As you near retirement, it’s prudent to adjust to a more conservative asset allocation with lower expected returns. For earlier retirement projections, assuming a higher growth rate is reasonable. But be sure to use a growth rate you can realistically expect to achieve based on your investment strategy.

Role of Pensions

If you will receive a traditional pension in retirement, you can factor this guaranteed income stream into your planning. Your pension benefits are determined by your years of service and salary history. Review your pension plan details to estimate your monthly payouts in retirement.

Any pension income may allow you to withdraw less from your retirement account each year. But be sure to confirm if your pension continues lifetime payouts for your spouse in the event of your death.

Social Security Benefits

While Social Security was never intended to fully replace one’s prior earnings, the monthly benefits are foundational to retirement income for most Americans. The age you claim will impact your benefit amount:

  • Age 62 – Earliest age to claim, reduced benefit amount
  • Age 67 – Full retirement age for anyone born in 1960 or later
  • Age 70 – Maximum benefit amount

Your Social Security monthly payment will be based on your lifetime earnings. Sign up for a My Social Security account to view your estimated benefits.

The 4% Withdrawal Rule

A popular guideline for managing retirement portfolio withdrawals is the 4% rule. This advises limiting annual withdrawals to about 4% of your total retirement savings balance initially. So if you had $1 million saved, you would withdraw $40,000 the first year.

This initial withdrawal is then adjusted each year thereafter for inflation. So it might rise to $41,200 in year two if a 3% annual inflation rate is assumed. The 4% rule seeks to provide a steady, inflation-adjusted income stream for 30 years or more.

However, this rule was developed in the 1990s and some experts argue that following it today is too aggressive given lower bond yields and ahead-of-inflation healthcare cost increases. A lower initial withdrawal rate around 3% may be more prudent.

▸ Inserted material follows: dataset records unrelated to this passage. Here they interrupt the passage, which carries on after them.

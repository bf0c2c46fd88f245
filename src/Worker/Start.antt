-- ===== src/Worker/Start.antt =====
-- The start of `work_process_cycle` in process_cycle.c, up to its loop. The calls of the system are
-- arguments. What is only printed, the signal mask and the affinity are left out.
pub mod Ready
use crawler.Base.{ℕ, Bool, true, false, Option, none, some, List, if◌then◌else◌}
use crawler.Net.{World}
use crawler.Tree.{TimerTree}
use crawler.Timer.{event_timer_init}
use crawler.Epoll.{Epoll}
use crawler.Epoll.Init.{EventState, event_init}
use crawler.Pool.{connection_init}
use crawler.Dns.Resolver.{Resolver}
use crawler.Dns.Init.{DnsInit, dns_ready, dns_failed, dns_undefined, dns_init}
use crawler.Redis.{Redis}
use crawler.Redis.Lists.{Connected, Context, redis_init}
use crawler.Bloom.{bloom_init}

-- Whether `sigaction` succeeds, and the calls of event_init, connection_init, dns_init, redis_init.
pub record StartCalls : Type 0 where
  pub sigaction : Bool
  pub epoll_create : Option ℕ
  pub events_ok : Bool
  pub calloc_ok : ℕ → Bool
  pub resolv_conf : Option (List (Option ℕ))
  pub socket : Option ℕ
  pub connected : Bool
  pub redis : Connected

-- The function returns, which only the call of `sigaction` brings about; the process exits; C leaves
-- open what happens; or the loop is reached, with `dns_conn`.
pub data Started (S Db : Type 0) : Type 0 where
  returned exits start_undefined : Started S Db
  started : ℕ → S → Db → Started S Db

module _ (t : TimerTree) (ep : Epoll) (shut : ℕ → ep.Set → ep.Set) (r : Redis)
    (k : StartCalls) where
  abbrev pub on_bloom :
      ℕ → Resolver t.Tree ep.Set → Bool × r.Db → Started (Resolver t.Tree ep.Set) r.Db
  on_bloom i s (false, db) = exits
  on_bloom i s (true, db) = started i s db

  abbrev pub on_redis :
      ℕ → Resolver t.Tree ep.Set → r.Db → Bool × Context → Started (Resolver t.Tree ep.Set) r.Db
  on_redis i s db (false, ctx) = exits
  on_redis i s db (true, ctx) = on_bloom i s (bloom_init r db)

  abbrev pub on_dns :
      r.Db → DnsInit (Resolver t.Tree ep.Set) → Started (Resolver t.Tree ep.Set) r.Db
  on_dns db (dns_failed s) = exits
  on_dns db dns_undefined = start_undefined
  on_dns db (dns_ready i s) = on_redis i s db (redis_init k.redis)

  abbrev pub on_pool :
      Resolver t.Tree ep.Set
      → r.Db
      → Option (World t.Tree ep.Set)
      → Started (Resolver t.Tree ep.Set) r.Db
  on_pool s db none = exits
  on_pool s db (some w) =
      on_dns db (dns_init t ep shut k.resolv_conf k.socket k.connected (record s { world = w }))

  abbrev pub on_events :
      ℕ → Resolver t.Tree ep.Set → r.Db → Bool × EventState → Started (Resolver t.Tree ep.Set) r.Db
  on_events n s db (false, es) = exits
  on_events n s db (true, es) =
      on_pool s db (connection_init k.calloc_ok n (event_timer_init t s.world))

  -- With n connections, of which the code takes 1024.
  unfoldable pub start_with :
      ℕ → EventState → Resolver t.Tree ep.Set → r.Db → Started (Resolver t.Tree ep.Set) r.Db
  start_with n es s db =
      if k.sigaction then on_events n s db (event_init k.epoll_create k.events_ok es) else returned

  unfoldable pub work_process_start :
      EventState → Resolver t.Tree ep.Set → r.Db → Started (Resolver t.Tree ep.Set) r.Db
  work_process_start es s db = start_with 1024 es s db
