-- ===== src/Worker/Start/Ready.antt =====
-- `work_process_cycle` of process_cycle.c: what a worker starts with.
use crawler.Dns.Resolver.{Resolver}
use crawler.Base.{
  ℕ, suc, ◌≡◌, refl, ap, ◌∙◌, inl, inr, Bool, true, ◌&&◌, Option, some, List, [], ◌∷◌, arith,
  Option-cases, ◌==◌, false,
}
use crawler.Net.{
  Handler, read_of, write_of, query_of, Event, World, zero_event, put_ev, null, zero_conn,
}
use crawler.Tree.{TimerTree, IsTimerTree}
use crawler.Timer.{event_timer_init}
use crawler.Timer.Sync.{InSync, same_ev_refl}
use crawler.Epoll.{Epoll, IsEpoll, ctl_add, read_event, clear_event, ◌or_bits◌, event_add}
use crawler.Pool.{get_free_connection_n, link, with_free, connection_init, get_connection}
use crawler.Pool.Open.{
  IsPool, upto, with_free-IsPool, with_free-InSync, get_connection-Got, get_connection-InSync,
}
use crawler.Pool.Close.{OnlyEvent}
use crawler.Connect.Kept.{put_ev-InSync}
use crawler.Connect.Runs.{OnlyEvent-IsPool, event_apart}
use crawler.Connect.Pooled.{pair_eq}
use crawler.Redis.{Redis, IsRedis}
use crawler.Redis.Lists.{good_context, redis_init}
use crawler.Bloom.{unseen, bloom_init, bloom_check}
use crawler.Bloom.Member.{Answers, bloom_check-bloom_init}
use crawler.Worker.Start.{
  StartCalls, Started, started, on_bloom, on_dns, on_pool, start_with, work_process_start,
}
use crawler.Epoll.Init.{EventState, event_init}
use crawler.Dns.Init.{
  name_server, read_resolv_conf, dns_ready, on_connection, dns_init, open_dns, no_queues,
  in_resolver,
}

own_number : (n : ℕ) → (n == n) ≡ true
own_number n = ground arith

event_init_succeeds : (epfd : ℕ) (es : EventState) → (event_init (some epfd) true es).0 ≡ true
unfolding event_init
event_init_succeeds epfd es = elim (Option-cases es.ep) [
  | inl none_yet ↦ rw none_yet refl
  | inr (fd, there) ↦ rw there refl
]

module _ (t : TimerTree) (law : IsTimerTree t) (ep : Epoll) (epoll_law : IsEpoll ep)
    (shut : ℕ → ep.Set → ep.Set) where
  -- The connection to the name server is open and watched, and the rest is in order.
  pub record Watching (n i fd : ℕ) (l : List ℕ) (w : World t.Tree ep.Set) : Type 0 where
    pub descriptor : (w.conns i).fd ≡ some fd
    pub handler : (w.evs (read_of i)).handler ≡ Handler.dns_process_event
    pub active : (w.evs (read_of i)).active ≡ true
    pub interest : ep.interest w.epoll fd ≡ some (read_event or_bits clear_event)
    pub pool : IsPool n l w
    pub sync : InSync t law w

  on_connection-Watching :
      (n i fd : ℕ) (l : List ℕ) (v : World t.Tree ep.Set) (s : ep.Set)
      → IsPool n l v
      → InSync t law v
      → (v.conns i).fd ≡ some fd
      → v.evs (write_of i) ≡ zero_event
      → ep.ctl v.epoll ctl_add fd (read_event or_bits clear_event) ≡ some s
      → (w : World t.Tree ep.Set) × (on_connection t ep shut fd (some i, v) ≡ dns_ready i w)
        × Watching n i fd l w
  unfolding event_add
  on_connection-Watching n i fd l v s p sync opened idle added =
      let v1 : World t.Tree ep.Set =
        put_ev v (read_of i) (record (v.evs (read_of i)) { handler = Handler.dns_process_event }) in
      let w : World t.Tree ep.Set =
        put_ev (record v1 { epoll = s }) (read_of i)
          (record (v1.evs (read_of i)) { active = true }) in
      let only : OnlyEvent t law ep (read_of i) v w = record {
        same_conns = refl;
        same_free = refl;
        same_n = refl;
        others = λ d o. rw o refl;
      } in
      let same = same_ev_refl (read_of i) in
      let sync1 : InSync t law v1 = put_ev-InSync t law ep (read_of i) _ v refl sync in
      (
        w,
        rw (ap (λ (x : Event). x.active) idle, opened, added) refl,
        record {
          descriptor = opened;
          handler = rw same refl;
          active = rw same refl;
          interest =
              epoll_law.interest-ctl v.epoll s ctl_add fd fd (read_event or_bits clear_event) added
              ∙ rw (own_number fd) refl;
          pool =
              OnlyEvent-IsPool t ep shut n law (read_of i) l v w p only
                (event_apart t ep shut n law true i fd l v p opened);
          sync = put_ev-InSync t law ep (read_of i) _ (record v1 { epoll = s }) refl sync1;
        },
      )

  get_connection-epoll :
      (n i fd : ℕ) (l : List ℕ) (w : World t.Tree ep.Set)
      → IsPool n (i ∷ l) w
      → (get_connection fd w).1.epoll ≡ w.epoll
  unfolding get_connection
  get_connection-epoll n i fd l w p = rw p.chain.0 refl

  -- `dns_init` from `fopen` on, on a pool with a free connection, where every call succeeds.
  open_dns-Watching :
      (n i fd addr : ℕ) (l : List ℕ) (lines : List (Option ℕ)) (w : World t.Tree ep.Set)
      (s : ep.Set)
      → IsPool n (i ∷ l) w
      → InSync t law w
      → read_resolv_conf lines ≡ name_server addr
      → ep.ctl w.epoll ctl_add fd (read_event or_bits clear_event) ≡ some s
      → (v : World t.Tree ep.Set) × (open_dns t ep shut (some lines) (some fd) true w
          ≡ dns_ready i v)
        × Watching n i fd l v
  unfolding open_dns
  open_dns-Watching n i fd addr l lines w s p sync found added =
      let (got, p', _, opened, _, idle) = get_connection-Got fd n (i ∷ l) w p in
      let v = (get_connection fd w).1 in
      let pair = pair_eq (get_connection fd w) (some i) v got refl in
      let (x, made, watching) =
        on_connection-Watching n i fd l v s p' (get_connection-InSync t law fd n (i ∷ l) w p sync)
          opened idle
          (ap (λ e. ep.ctl e ctl_add fd (read_event or_bits clear_event))
              (get_connection-epoll n i fd l w p)
            ∙ added) in
      (x, rw found (ap (λ q. on_connection t ep shut fd q) pair ∙ made), watching)

  module _ (r : Redis) (redis_law : IsRedis r) (answers : Answers r) (hash : List ℕ → ℕ → ℕ) where
    -- The loop is reached with the connection to the name server, which is open and watched; n
    -- connections are free; and the filter finds no text.
    pub record Ready (n fd : ℕ) (o : Started (Resolver t.Tree ep.Set) r.Db) : Type 0 where
      pub dns_conn : ℕ
      pub resolver : Resolver t.Tree ep.Set
      pub db : r.Db
      pub free : List ℕ
      pub starts : o ≡ started dns_conn resolver db
      pub watching : Watching (suc n) dns_conn fd free resolver.world
      pub count : get_free_connection_n resolver.world ≡ n
      pub no_query : resolver.query_queue ≡ []
      pub no_entry : resolver.cache.cache_queue ≡ []
      pub none_seen : (str : List ℕ) → bloom_check r hash str db ≡ (unseen, db)

    -- Every call succeeds.
    abbrev pub given : ℕ → (ℕ → Bool) → List (Option ℕ) → ℕ → StartCalls
    given epfd calloc_ok lines fd = record {
      sigaction = true;
      epoll_create = some epfd;
      events_ok = true;
      calloc_ok = calloc_ok;
      resolv_conf = some lines;
      socket = some fd;
      connected = true;
      redis = good_context;
    }

    on_pool-Ready :
        (n epfd fd addr : ℕ) (calloc_ok : ℕ → Bool) (lines : List (Option ℕ)) (l : List ℕ)
        (x : Resolver t.Tree ep.Set) (w : World t.Tree ep.Set) (s : ep.Set) (db : r.Db)
        → IsPool (suc n) l w
        → get_free_connection_n w ≡ suc n
        → InSync t law w
        → read_resolv_conf lines ≡ name_server addr
        → ep.ctl w.epoll ctl_add fd (read_event or_bits clear_event) ≡ some s
        → Ready n fd (on_pool t ep shut r (given epfd calloc_ok lines fd) x db (some w))
    unfolding redis_init dns_init
    on_pool-Ready n epfd fd addr calloc_ok lines [] x w s db p size sync found added =
        absurd (omega (arith, p.count, size))
    on_pool-Ready n epfd fd addr calloc_ok lines (i ∷ l) x w s db p size sync found added =
        let (v, made, watching) =
          open_dns-Watching (suc n) i fd addr l lines w s p sync found added in
        let b = bloom_init r db in
        let set =
          pair_eq b true b.1 (bloom_check-bloom_init r redis_law answers hash [] db).0 refl in
        record {
          dns_conn = i;
          resolver = record (no_queues t ep shut x) { world = v };
          db = (bloom_init r db).1;
          free = l;
          starts =
              ap
                (λ q.
                  on_dns t ep shut r (given epfd calloc_ok lines fd) db
                    (in_resolver t ep shut (no_queues t ep shut x) q))
                made
              ∙ ap
                  (λ q.
                    on_bloom t ep shut r (given epfd calloc_ok lines fd) i
                      (record (no_queues t ep shut x) { world = v }) q)
                  set;
          watching = watching;
          count = omega (arith, watching.pool.count, p.count, size);
          no_query = refl;
          no_entry = refl;
          none_seen = λ str. (bloom_check-bloom_init r redis_law answers hash str db).1;
        }

    start_with-Ready :
        (n epfd fd addr : ℕ) (calloc_ok : ℕ → Bool) (lines : List (Option ℕ)) (es : EventState)
        (x : Resolver t.Tree ep.Set) (s : ep.Set) (db : r.Db)
        → ((q : ℕ) → (x.world.evs (query_of q)).timer_set ≡ false)
        → calloc_ok 0 && calloc_ok 1 && calloc_ok 2 ≡ true
        → read_resolv_conf lines ≡ name_server addr
        → ep.ctl x.world.epoll ctl_add fd (read_event or_bits clear_event) ≡ some s
        → Ready n fd (start_with t ep shut r (given epfd calloc_ok lines fd) (suc n) es x db)
    unfolding start_with event_init event_timer_init connection_init
    start_with-Ready n epfd fd addr calloc_ok lines es x s db unset memory found added =
        let init =
          pair_eq (event_init (some epfd) true es) true _ (event_init_succeeds epfd es) refl in
        let empty : World t.Tree ep.Set = event_timer_init t x.world in
        let first = with_free empty (suc n) (link (suc n) null (λ j. zero_conn)) in
        rw (init, memory)
          (on_pool-Ready n epfd fd addr calloc_ok lines (upto (suc n) []) x first s db
            (with_free-IsPool n empty) refl
            (with_free-InSync t law (suc n) (link (suc n) null (λ j. zero_conn)) empty refl unset)
            found added)

    -- Where the calls of the system and of hiredis succeed, there is memory, the file names a name
    -- server, and no query has a timer: whatever the state was besides, a worker reaches its loop
    -- with its connection to the name server open and registered with epoll for reading, the 1023
    -- other connections free, the pool and the timers in order, no query and no address in the
    -- queues, and a filter in which no text is found.
    pub work_process_start-Ready :
        (epfd fd addr : ℕ) (calloc_ok : ℕ → Bool) (lines : List (Option ℕ)) (es : EventState)
        (x : Resolver t.Tree ep.Set) (s : ep.Set) (db : r.Db)
        → ((q : ℕ) → (x.world.evs (query_of q)).timer_set ≡ false)
        → calloc_ok 0 && calloc_ok 1 && calloc_ok 2 ≡ true
        → read_resolv_conf lines ≡ name_server addr
        → ep.ctl x.world.epoll ctl_add fd (read_event or_bits clear_event) ≡ some s
        → Ready 1023 fd (work_process_start t ep shut r (given epfd calloc_ok lines fd) es x db)
    unfolding work_process_start
    work_process_start-Ready epfd fd addr calloc_ok lines es x s db unset memory found added =
        start_with-Ready 1023 epfd fd addr calloc_ok lines es x s db unset memory found added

Getting Help from a Financial Planner

If you are still unsure what percentage of your salary you should be saving for retirement after considering all of these factors, a consultation with a financial planner can help. He or she can review your specific situation, including your retirement lifestyle goals and current progress, and then offer personalized advice on saving and investing to create a retirement plan customized for your needs.

Conclusion

While 10-15% of your income is a good general target, your ideal retirement savings rate depends on your age, income, desired retirement lifestyle, life expectancy, healthcare costs and other individual circumstances. Use retirement calculators to estimate your needs. Max out contributions to receive full employer matching and take advantage of catch-up contributions after age 50. Consider your projected pension and Social Security benefits. And enlist the help of a financial advisor if needed to craft a customized plan.

Getting started early, consistently saving over time, and investing wisely are key to accumulating enough for a comfortable retirement. With prudent planning, discipline and smart choices, you can build the nest egg you will need.